Eles recorreram a matar homens adultos e estuprar mulheres como a única maneira de “suprimir a resistência e alcançar um colapso nervoso coletivo”, disse ele.

“[It was] destruição física e psicológica de uma vontade de resistir”, disse Kushch.

Para muitos no Ocidente, os assassinatos de Bucha se tornaram um alerta, a primeira chance de ver o alcance dos assassinatos em massa de civis que equivalem a crimes de guerra – ou mesmo genocídio.

“O mundo não pode mais ser enganado; os holofotes estão em Putin e suas forças”, disse Ivar Dale, conselheiro político sênior do Comitê Norueguês de Helsinque, um órgão de defesa dos direitos humanos, à Al Jazeera.

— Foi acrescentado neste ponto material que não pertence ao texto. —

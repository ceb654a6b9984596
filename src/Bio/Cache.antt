-- ===== src/Bio/Cache.antt =====
-- `bget` and `brelse` of kernel/bio.c against the list of buffers from the most to the least
-- recently used.
use jklnkhbv.Base.{
  ℕ, ◌+◌, ◌≤◌, ◌<◌, ◌≡◌, ◌≢◌, ◌⊎◌, refl, sym, ap, ◌∙◌, Bool, true, false, Option, none, some, List,
  [], ◌∷◌, ◌++◌, add32, sub32, u32_mod, All, update_self, All-left, All-right, All-append, ◌==◌,
  if◌then◌else◌, ◌>>=◌, arith, inl, inr, subst, length, length-append, Bool-cases,
}
use jklnkhbv.Locks.{releasesleep, holdingsleep}
use jklnkhbv.Bio.{
  Buf, Bcache, head, nbuf, is_block, is_free, set_buf, claim, recycle, bget_from, bget, brelse,
  push_front, unlink,
}
use jklnkhbv.Bio.Links.{IsRing, Fresh, Fresh-before, Nodup-right, unlink_lem, push_front_lem}
use jklnkhbv.Bio.Scan.{
  rev, find, IsFirst, find_lem, scan_next, scan_prev, Fresh-rev, All-rev, All-rev_back,
}

abbrev pub Has : ℕ → List ℕ → Type 0
Has b order = (xs : List ℕ) × (ys : List ℕ) × (order ≡ xs ++ b ∷ ys)

-- The ring holds the thirty buffers in this order, and no two hold the same block of a device.
-- Device 0 is that of the buffers that are not in use since the start.
pub record IsCache {B : Type 0} (c : Bcache B) (order : List ℕ) : Type 0 where
  pub ring : IsRing c.ring order
  pub few : length order ≤ nbuf
  pub buffers : All (λ b. b < nbuf) order
  pub covers : (b : ℕ) → b < nbuf → Has b order
  pub unique :
      (s t : ℕ)
      → s < nbuf
      → t < nbuf
      → (c.buf s).dev ≢ 0
      → (c.buf s).dev ≡ (c.buf t).dev
      → (c.buf s).blockno ≡ (c.buf t).blockno
      → s ≡ t

All_at : (P : ℕ → Type 0) (b : ℕ) (xs ys : List ℕ) → All P (xs ++ b ∷ ys) → P b
All_at P b [] ys h = h.0
All_at P b (x ∷ xs) ys h = All_at P b xs ys h.1

All_has : (P : ℕ → Type 0) (b : ℕ) (order : List ℕ) → Has b order → All P order → P b
All_has P b order (xs, ys, e) h = All_at P b xs ys (subst (All P) e h)

cons_same : (b x t : ℕ) (rest zs ys : List ℕ) → x ∷ zs ≡ t ∷ ys → b ∷ x ∷ rest ≡ b ∷ t ∷ rest
cons_same b x t rest zs ys e = cc

tail_eq : {x w : ℕ} {xs ws : List ℕ} → x ∷ xs ≡ w ∷ ws → xs ≡ ws
tail_eq e = cc

Has-swap : (t b x : ℕ) (zs : List ℕ) → Has t (b ∷ zs) → Has t (b ∷ x ∷ zs)
Has-swap t b x zs ([], ys, e) = ([], x ∷ zs, cc)
Has-swap t b x zs (w ∷ ws, ys, e) = (b ∷ x ∷ ws, ys, ap (λ l. b ∷ x ∷ l) (tail_eq e))

-- Taken out of the middle and put in front.
Has-front : (t b : ℕ) (xs ys : List ℕ) → Has t (xs ++ b ∷ ys) → Has t (b ∷ (xs ++ ys))
Has-front t b [] ys h = h
Has-front t b (x ∷ xs) ys ([], zs, e) =
    (b ∷ [], xs ++ ys, cons_same b x t (xs ++ ys) (xs ++ b ∷ ys) zs e)
Has-front t b (x ∷ xs) ys (w ∷ ws, zs, e) =
    let inner = Has-front t b xs ys (ws, zs, tail_eq e) in Has-swap t b x (xs ++ ys) inner

module _ {B : Type 0} where
  -- A change of one buffer that keeps its block.
  pub kept-IsCache :
      (c : Bcache B) (order : List ℕ) (b : ℕ) (x : Buf B)
      → IsCache c order
      → x.dev ≡ (c.buf b).dev
      → x.blockno ≡ (c.buf b).blockno
      → IsCache (set_buf b x c) order
  kept-IsCache c order b x v d n = record {
    ring = v.ring;
    few = v.few;
    buffers = v.buffers;
    covers = v.covers;
    unique = λ s t hs ht nz ed en.
        v.unique s t hs ht (ground (arith, nz, d)) (ground (arith, ed, d)) (ground (arith, en, n));
  }

  module _ (c : Bcache B) (order : List ℕ) (dev blockno : ℕ) (v : IsCache c order)
      (nz : dev ≢ 0) where
    abbrev wanted : ℕ → Bool
    wanted b = is_block dev blockno (c.buf b)

    abbrev free : ℕ → Bool
    free b = is_free (c.buf b)

    abbrev NotCached : Type 0
    NotCached = (b : ℕ) → b < nbuf → wanted b ≡ false

    -- What `bget` comes to.
    abbrev pub GetOutcome : Option (ℕ × Bcache B) → Type 0
    GetOutcome none = NotCached × ((b : ℕ) → b < nbuf → free b ≡ false)
    GetOutcome (some (b, c')) =
        (b < nbuf)
        × IsCache c' order
        × ((c'.buf b).dev ≡ dev)
        × ((c'.buf b).blockno ≡ blockno)
        × ((t : ℕ) → t ≢ b → c'.buf t ≡ c.buf t)
        × (((wanted b ≡ true) × (c'.buf b ≡ record (c.buf b) { refcnt = add32 (c.buf b).refcnt 1 }))
            ⊎ (NotCached
                × IsFirst free (rev order) b
                × ((c'.buf b).valid ≡ false)
                × ((c'.buf b).refcnt ≡ 1)))

    claimed-IsCache :
        (b : ℕ) → NotCached → IsCache (set_buf b (claim dev blockno (c.buf b)) c) order
    claimed-IsCache b no_other = record {
      ring = v.ring;
      few = v.few;
      buffers = v.buffers;
      covers = v.covers;
      unique = λ s t hs ht nz' ed en.
          ground (arith, no_other s hs, no_other t ht, v.unique s t hs ht, nz', ed, en);
    }

    hit_lem : (b : ℕ) → IsFirst wanted order b → b ≢ head → GetOutcome (bget_from dev blockno c b)
    unfolding bget_from
    hit_lem b (before, behind, e, hit, _) ne =
        let x : Buf B = record (c.buf b) { refcnt = add32 (c.buf b).refcnt 1 } in
        let other : (b == head) ≡ false = ground (arith, ne) in
        rw other (
          All_has (λ b. b < nbuf) b order (before, behind, e) v.buffers,
          kept-IsCache c order b x v refl refl,
          ground (arith, hit),
          ground (arith, hit),
          (λ t nt. ground (arith, nt)),
          inl (hit, update_self c.buf b b x refl),
        )

    miss_lem : NotCached → GetOutcome (bget_from dev blockno c head)
    unfolding bget_from recycle
    miss_lem no_other =
        subst (λ o. GetOutcome (o >>= recycle dev blockno c))
          (sym (scan_prev c.ring free order v.ring v.few))
          (elim (find_lem free (rev order) (Fresh-rev head order v.ring.1)) [
            | inl (e, all_used) ↦
                let stop : (find free (rev order) == head) ≡ true = ground (arith, e) in
                rw stop (
                  no_other,
                  λ b h.
                      All_has (λ b. free b ≡ false) b order (v.covers b h)
                        (All-rev_back (λ b. free b ≡ false) order all_used),
                )
            | inr (ne, first) ↦
                let b = find free (rev order) in
                let other : (b == head) ≡ false = ground (arith, ne) in
                rw other (
                  All_has (λ b. b < nbuf) b (rev order) (first.0, first.1, first.2)
                      (All-rev (λ b. b < nbuf) order v.buffers),
                  claimed-IsCache b no_other,
                  ground arith,
                  ground arith,
                  (λ t nt. ground (arith, nt)),
                  inr (no_other, first, ground arith, ground arith),
                )
          ])

    -- For a device other than 0, `bget` on a cache whose ring holds all buffers, no two with the
    -- same block, keeps that so. If a buffer holds the block, it gets one more reference. If none
    -- does, the least recently used buffer without references is given the block, as not read yet,
    -- with one reference. No other buffer changes. It is a panic exactly if no buffer holds the
    -- block and all have references.
    pub bget_lem : GetOutcome (bget dev blockno c)
    unfolding bget
    bget_lem =
        subst (λ o. GetOutcome (o >>= bget_from dev blockno c))
          (sym (scan_next c.ring wanted order v.ring v.few))
          (elim (find_lem wanted order v.ring.1) [
            | inl (e, none_wanted) ↦
                subst (λ b. GetOutcome (bget_from dev blockno c b)) (sym e)
                  (miss_lem
                    (λ b h. All_has (λ b. wanted b ≡ false) b order (v.covers b h) none_wanted))
            | inr (ne, first) ↦ hit_lem (find wanted order) first ne
          ])

  abbrev released : (c : Bcache B) (b : ℕ) → Buf B
  released c b = record (c.buf b) {
    lock = releasesleep (c.buf b).lock;
    refcnt = sub32 (c.buf b).refcnt 1;
  }

  count_less :
      (c : Bcache B) (b : ℕ)
      → 0 < (c.buf b).refcnt
      → (c.buf b).refcnt < u32_mod
      → ((set_buf b (released c b) c).buf b).refcnt + 1 ≡ (c.buf b).refcnt
  count_less c b lo hi =
      ap (λ (x : Buf B). x.refcnt + 1) (update_self c.buf b b (released c b) refl) ∙ omega arith

  front-IsCache :
      (c : Bcache B) (xs ys : List ℕ) (b : ℕ)
      → IsCache c (xs ++ b ∷ ys)
      → IsCache (record c { ring = push_front b (unlink b c.ring) }) (b ∷ (xs ++ ys))
  front-IsCache c xs ys b v =
      let (ch, f, n) = v.ring in
      let nb : b ≢ head = λ e. (All-right (λ x. head ≢ x) xs (b ∷ ys) f).0 (sym e) in
      let fresh : Fresh b (xs ++ ys) =
        All-append (λ x. b ≢ x) xs ys (Fresh-before b xs ys n) (Nodup-right xs (b ∷ ys) n).0 in
      record {
        ring =
            push_front_lem (unlink b c.ring) b (xs ++ ys) (unlink_lem c.ring b xs ys v.ring) nb
              fresh;
        few = omega (arith, v.few, length-append xs (b ∷ ys), length-append xs ys);
        buffers = (
          (All-right (λ x. x < nbuf) xs (b ∷ ys) v.buffers).0,
          All-append (λ x. x < nbuf) xs ys (All-left (λ x. x < nbuf) xs (b ∷ ys) v.buffers)
              (All-right (λ x. x < nbuf) xs (b ∷ ys) v.buffers).1,
        );
        covers = λ t h. Has-front t b xs ys (v.covers t h);
        unique = v.unique;
      }

  -- `brelse` by the holder of the buffer's lock, with a reference to it, gives up both. If it was
  -- the last reference, the buffer becomes the most recently used one, and the order of the others
  -- stays; else the order stays. No other buffer changes. From another process it is a panic.
  pub brelse_lem :
      (c : Bcache B) (xs ys : List ℕ) (pid b : ℕ)
      → IsCache c (xs ++ b ∷ ys)
      → 0 < (c.buf b).refcnt
      → (c.buf b).refcnt < u32_mod
      → ((holdingsleep pid (c.buf b).lock ≡ false) × (brelse pid b c ≡ none))
        ⊎ ((c' : Bcache B) × (brelse pid b c ≡ some c')
            × ((t : ℕ) → t ≢ b → c'.buf t ≡ c.buf t)
            × ((c'.buf b).refcnt + 1 ≡ (c.buf b).refcnt)
            × ((c'.buf b).lock ≡ releasesleep (c.buf b).lock)
            × IsCache c' (if (c.buf b).refcnt == 1 then b ∷ (xs ++ ys) else xs ++ b ∷ ys))
  unfolding brelse
  brelse_lem c xs ys pid b v lo hi = elim (Bool-cases (holdingsleep pid (c.buf b).lock)) [
    | inr other ↦ inl (other, rw (other, brelse) refl)
    | inl holds ↦
        let c1 : Bcache B = set_buf b (released c b) c in
        let v1 = kept-IsCache c (xs ++ b ∷ ys) b (released c b) v refl refl in
        let less : (c1.buf b).refcnt + 1 ≡ (c.buf b).refcnt = count_less c b lo hi in
        let same_lock : (c1.buf b).lock ≡ releasesleep (c.buf b).lock =
          ap (λ (x : Buf B). x.lock) (update_self c.buf b b (released c b) refl) in
        elim (Bool-cases ((c.buf b).refcnt == 1)) [
          | inl last ↦
              let stop : (sub32 (c.buf b).refcnt 1 == 0) ≡ true = ground (arith, last) in
              inr (
                record c1 { ring = push_front b (unlink b c1.ring) },
                rw (holds, stop, brelse) refl,
                (λ t nt. ground (arith, nt)),
                less,
                same_lock,
                rw last (front-IsCache c1 xs ys b v1),
              )
          | inr more ↦
              let stay : (sub32 (c.buf b).refcnt 1 == 0) ≡ false = ground (arith, more, lo, hi) in
              inr (
                c1,
                rw (holds, stay, brelse) refl,
                (λ t nt. ground (arith, nt)),
                less,
                same_lock,
                rw more v1,
              )
        ]
  ]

Ele disse que visitou Bucha enquanto morava na Ucrânia – e vê que “o nível do mal é quase incompreensível”.

“Exigimos uma investigação internacional completa e exigimos justiça para as vítimas desses crimes de guerra”, disse ele.

Cinco dias após sua liberação, Bucha ainda não está segura – e não tem energia, água ou gás.

“Ainda agora, menos de meia hora atrás, houve um abalo tão forte que minha casa deu um pulo. Mas onde explodiu – não sei, talvez, um [cruise] míssil voou”, disse Matsenko na segunda-feira.

“Algo explodiu, fortemente, mas apenas uma vez.”